Top of Data for review

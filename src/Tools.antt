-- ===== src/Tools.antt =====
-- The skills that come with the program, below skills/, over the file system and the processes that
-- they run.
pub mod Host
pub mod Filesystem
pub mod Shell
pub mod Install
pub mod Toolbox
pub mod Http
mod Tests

Bottom of Data for review

The full material has to be written out again exactly as shown.

filename src/Tools.antt
-- ===== src/Tools.antt =====
-- The skills that come with the program, below skills/, over the file system and the processes that
-- they run.
pub mod Host
pub mod Filesystem
pub mod Shell
pub mod Install
pub mod Toolbox
pub mod Http
mod Tests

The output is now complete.